Полиция Российской империи - [30]

Шрифт
Интервал

В такой обстановке приобретенные мною познания и привычки у Бочарова показались Мироновичу редкостными, и однажды в воскресенье вечером я составлял протокол о карманнике, задержанном в Знаменской церкви; предо мною стоял отъявленный нахал, молодой парень в щегольской шелковой рубашке и серебряным по ней поясом, и предерзко отвечал на мои вопросы, отрицая свою виновность; он, видимо, хотел вывести меня из терпения, но я заприметил его намерение, тогда вовсе для меня непонятное, и был вполне сдержан. В это время вошел в комнату Миронович, спросил, о чем я составлял протокол, и стал ходить по комнате, слушая дерзкие плутовские ответы воришки; временами он останавливался, вглядывался в мазурика, наконец с озлоблением взял его за рукав рубашки и со словами «поди-ка сюда» живо увлек куда-то жулика, оставив меня в одиночестве.
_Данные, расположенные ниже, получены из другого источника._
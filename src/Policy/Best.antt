-- ===== src/Policy/Best.antt =====
-- What `NetworkAwarePlacement::place` of src/policy/network_aware.rs promises: which tier it takes,
-- and when it fails.
use kvflow_sim.Base.{
  ℕ, ◌≤◌, ◌<◌, ◌≡◌, refl, sym, ap, subst, ◌∙◌, false, ◌⊎◌, inl, inr, List, [], ◌∷◌, ◌++◌, map, In,
  none, some, arith, ltb, Bool-cases, Option-cases, le→leb, ltb→lt, ltb→le,
}
use kvflow_sim.Base.Int.{ℤ, ltb_ℤ}
use kvflow_sim.Base.Sort.{sort, Sorted, sort-In, sort-Sorted}
use kvflow_sim.Error.{Result, ok, err, invalid_model_profile, no_space_in_any_tier}
use kvflow_sim.Cache.Tier.{TierKind}
use kvflow_sim.Cache.Object.{CacheLocation}
use kvflow_sim.Cache.State
use kvflow_sim.Cache.State.{CacheState, HashOrder, available_space, capacity, pool_of}
use kvflow_sim.Cache.State.Invariant.{insert-IsAccounted, insert-IsWithin}
use kvflow_sim.Cluster.Topology.{ClusterTopology}
use kvflow_sim.Model.Compute.{ComputeModel}
use kvflow_sim.Transfer.Path.{TransferPath}
use kvflow_sim.Policy.Placement.{EvictedKv, PlaceRequest, Placed, object_at, store_at}
use kvflow_sim.Policy.Evict.{evict_lru}
use kvflow_sim.Policy.NetworkAware.{
  NetworkAwarePlacement, location_for, candidates, better, scored, utility_for_tier, settle,
  try_tier, try_tiers, place,
}
use kvflow_sim.Policy.Lru.{Evicts, evict_lru-Ran}
use kvflow_sim.Policy.Room.{
  IsReady, IsConsistent, Evicts-IsReady, evict_lru-room, evict_lru-IsReady, store_at_fits,
}

location_for-pool :
    (n : ℕ) (t : TierKind) (cluster : ClusterTopology) (loc : CacheLocation)
    → location_for n t cluster ≡ some loc
    → pool_of loc ≡ some (n, t)
location_for-pool n t cluster loc e = ground arith

store_at-stores :
    (c : CacheState) (r : PlaceRequest) (loc : CacheLocation) (evicted : List EvictedKv)
    → (store_at c r loc evicted).0 ≡ (State.insert c (object_at r loc)).0
unfolding store_at
store_at-stores c r loc evicted = refl

module _ (self : NetworkAwarePlacement) (order : HashOrder) (cluster : ClusterTopology)
    (r : PlaceRequest) where
  open self use {target_node}

  -- The policy places nothing into the tier, or the whole tier is smaller than the object.
  abbrev pub Unusable : CacheState → TierKind → Type 0
  Unusable c t = (location_for target_node t cluster ≡ none) ⊎ (capacity c target_node t < r.bytes)

  -- The object goes to a location of the tier, behind evictions from that tier alone.
  pub record Takes (c : CacheState) (evicted : List EvictedKv) (t : TierKind) (p : Placed)
      : Type 0 where
    pub loc : CacheLocation
    pub located : location_for target_node t cluster ≡ some loc
    pub big_enough : r.bytes ≤ capacity c target_node t
    pub after : CacheState
    pub victims : List EvictedKv
    pub evicts : Evicts target_node t r.bytes c victims after
    pub stores : p.0 ≡ (State.insert after (object_at r loc)).0
    pub answers : p.1 ≡ ok (loc, evicted ++ victims)

  abbrev refused : Result (CacheLocation × List EvictedKv)
  refused = err (invalid_model_profile (no_space_in_any_tier target_node r.bytes))

  data Tried (c : CacheState) (evicted : List EvictedKv)
      : List (TierKind × ℤ) → Placed → Type 0 where
    nowhere : Tried c evicted [] (c, refused)
    skip :
        {t : TierKind} {u : ℤ} {l : List (TierKind × ℤ)} {p : Placed}
        → Unusable c t
        → Tried c evicted l p
        → Tried c evicted ((t, u) ∷ l) p
    taken :
        {t : TierKind} {u : ℤ} {l : List (TierKind × ℤ)} {p : Placed}
        → Takes c evicted t p
        → Tried c evicted ((t, u) ∷ l) p

  try_tiers-Tried :
      (l : List (TierKind × ℤ)) (c : CacheState) (evicted : List EvictedKv)
      → IsReady r.kv_id c
      → Tried c evicted l (try_tiers self order cluster r l c evicted)
  unfolding try_tiers try_tier settle
  try_tiers-Tried [] c evicted i = nowhere
  try_tiers-Tried ((t, u) ∷ l) c evicted i =
      elim (Option-cases (location_for target_node t cluster)) [
        | inl e ↦ rw e (skip (inl e) (try_tiers-Tried l c evicted i))
        | inr (loc, e) ↦ elim (Bool-cases (ltb (capacity c target_node t) r.bytes)) [
          | inl small ↦
              rw (e, small) (skip (inr (ltb→lt _ _ small)) (try_tiers-Tried l c evicted i))
          | inr big ↦
              let fits = ltb→le _ _ big in
              let (victims, listed, evicts, _) =
                evict_lru-Ran order target_node t r.bytes c evicted i.accounted in
              let room = evict_lru-room order target_node t r.bytes r.kv_id c evicted i fits in
              let ready = evict_lru-IsReady order target_node t r.bytes r.kv_id c evicted i in
              rw (e, big, le→leb _ _ room)
                (taken (record {
                  loc = loc;
                  located = e;
                  big_enough = fits;
                  after = (evict_lru order target_node t r.bytes c evicted).0;
                  victims = victims;
                  evicts = evicts;
                  stores = store_at-stores _ r loc _;
                  answers =
                      store_at_fits _ r loc _ target_node t ready.within
                        (location_for-pool target_node t cluster loc e) room
                      ∙ ap (λ x. ok (loc, x)) listed;
                }))
        ]
      ]

  module _ (compute : ComputeModel) (estimate_duration : TransferPath → ℕ → Result ℕ) where
    -- What the policy scores a tier with.
    abbrev pub utility : TierKind → ℤ
    utility t = utility_for_tier t r.bytes r.prefix_tokens compute estimate_duration

    abbrev pub Usable : CacheState → TierKind → Type 0
    Usable c t = Unusable c t → ⊥

    -- The object goes into a usable tier that no usable tier outscores, or there is none to go into
    -- and the cache is as it was.
    pub data Best (c : CacheState) : Placed → Type 0 where
      found :
          {p : Placed} (t : TierKind)
          → Takes c [] t p
          → ((s : TierKind) → Usable c s → ltb_ℤ (utility t) (utility s) ≡ false)
          → Best c p
      none_usable : ((t : TierKind) → Unusable c t) → Best c (c, refused)

    tiers : List (TierKind × ℤ)
    tiers = map (λ t. (t, utility t)) candidates

    scored-sort : scored r.bytes r.prefix_tokens compute estimate_duration ≡ sort better tiers
    unfolding scored tiers
    scored-sort = refl

    listed_or_Unusable :
        (c : CacheState) (t : TierKind) → Unusable c t ⊎ In (t, utility t) (sort better tiers)
    unfolding tiers
    listed_or_Unusable c TierKind.local_ssd = inl (inl refl)
    listed_or_Unusable c TierKind.gpu = inr ((sort-In better _ tiers).1 (inl refl))
    listed_or_Unusable c TierKind.cpu = inr ((sort-In better _ tiers).1 (inr (inl refl)))
    listed_or_Unusable c TierKind.remote_memory =
        inr ((sort-In better _ tiers).1 (inr (inr (inl refl))))
    listed_or_Unusable c TierKind.remote_ssd =
        inr ((sort-In better _ tiers).1 (inr (inr (inr (inl refl)))))

    score_of : (t : TierKind) (x : TierKind × ℤ) → x ≡ (t, utility t) → x.1 ≡ utility x.0
    score_of t x q =
        ap (λ (y : TierKind × ℤ). y.1) q ∙ sym (ap (λ (y : TierKind × ℤ). utility y.0) q)

    listed_score : (x : TierKind × ℤ) → In x (sort better tiers) → x.1 ≡ utility x.0
    unfolding tiers
    listed_score x i = elim ((sort-In better x tiers).0 i) [
      | inl q ↦ score_of _ x q
      | inr (inl q) ↦ score_of _ x q
      | inr (inr (inl q)) ↦ score_of _ x q
      | inr (inr (inr (inl q))) ↦ score_of _ x q
      | inr (inr (inr (inr j))) ↦ absurd j
    ]

    tiers-Sorted : Sorted better (sort better tiers)
    tiers-Sorted = sort-Sorted better (λ x y h. ground arith) (λ x y z h k. ground arith) tiers

    Tried-Best :
        {c : CacheState} {l : List (TierKind × ℤ)} {p : Placed}
        → Sorted better l
        → ((x : TierKind × ℤ) → In x l → x.1 ≡ utility x.0)
        → ((t : TierKind) → Unusable c t ⊎ In (t, utility t) l)
        → Tried c [] l p
        → Best c p
    Tried-Best s scores all nowhere =
        none_usable (λ t. elim (all t) [ inl u ↦ u | inr i ↦ absurd i ])
    Tried-Best s scores all (skip {t = t} {u = v} u h) =
        Tried-Best s.1 (λ x i. scores x (inr i))
          (λ w. elim (all w) [
            | inl a ↦ inl a
            | inr (inl q) ↦ inl (subst (Unusable _) (sym (ap (λ (x : TierKind × ℤ). x.0) q)) u)
            | inr (inr i) ↦ inr i
          ])
          h
    Tried-Best s scores all (taken {t = t} {u = v} h) = found t h (λ w usable. elim (all w) [
      | inl a ↦ absurd (usable a)
      | inr (inl q) ↦ rw (ap (λ (x : TierKind × ℤ). x.0) q) (ground arith)
      | inr (inr i) ↦
          subst (λ x. ltb_ℤ x (utility w) ≡ false) (scores (t, v) (inl refl)) (s.0 (w, utility w) i)
    ])

    -- In a cache with exact bookkeeping and no overfull tier, and for an id not in use, and in
    -- whatever order the hash map lists the objects, `NetworkAwarePlacement::place` puts the object
    -- into a tier that it has a location for and that is as big as the object, outscored by no
    -- other such tier, behind least-recently-used evictions from that tier alone; where there is no
    -- such tier it fails and leaves the cache as it was.
    pub place-Best :
        (c : CacheState)
        → IsReady r.kv_id c
        → Best c (place self order cluster r compute estimate_duration c)
    unfolding place
    place-Best c i = rw scored-sort (
        Tried-Best tiers-Sorted listed_score (listed_or_Unusable c)
          (try_tiers-Tried (sort better tiers) c [] i))

    -- In a cache with exact bookkeeping and no overfull tier, and for an id not in use,
    -- `NetworkAwarePlacement::place` leaves the bookkeeping exact and no tier overfull, on the
    -- failing paths too.
    pub place-IsConsistent :
        (c : CacheState)
        → IsReady r.kv_id c
        → IsConsistent (place self order cluster r compute estimate_duration c).0
    place-IsConsistent c i = Best-IsConsistent (place-Best c i)
      where
        Best-IsConsistent : {p : Placed} → Best c p → IsConsistent p.0
        Best-IsConsistent (none_usable u) = record { accounted = i.accounted; within = i.within }
        Best-IsConsistent (found t h least) =
            let ready = Evicts-IsReady target_node t r.bytes r.kv_id h.evicts i in
            subst IsConsistent (sym h.stores) (record {
              accounted =
                  insert-IsAccounted h.after (object_at r h.loc) ready.accounted ready.within
                    ready.fresh;
              within = insert-IsWithin h.after (object_at r h.loc) ready.accounted ready.within;
            })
Спустя несколько минут, возвратился Миронович, конвоируя жулика, тяжело дыша и повторяя: «Ах ты мерзавец, я тебя выучу» и т. д., потом, обратившись ко мне, сказал: «Вот вы теперь поговорите с ним, ах ты мерзавец» и т. д.

Однако мерзавец после уединения с Мироновичем был неузнаваем: рубашка его как-то утратила свой лоск, кудри растрепались, вад получился угнетенный и смиренный, а на мои вопросы ответы давал вполне почтительные, хотя и запирался в карманничестве по-прежнему.

Наконец, я окончил протокол и передал его Мироновичу, а карманщика отправил по принадлежности. Прочитав протокол, Миронович сказал: «Не понимаю, зачем тебя прикомандировали сюда; тебя прямо нужно было назначить приставом; разве, может быть, назначат на мое место?»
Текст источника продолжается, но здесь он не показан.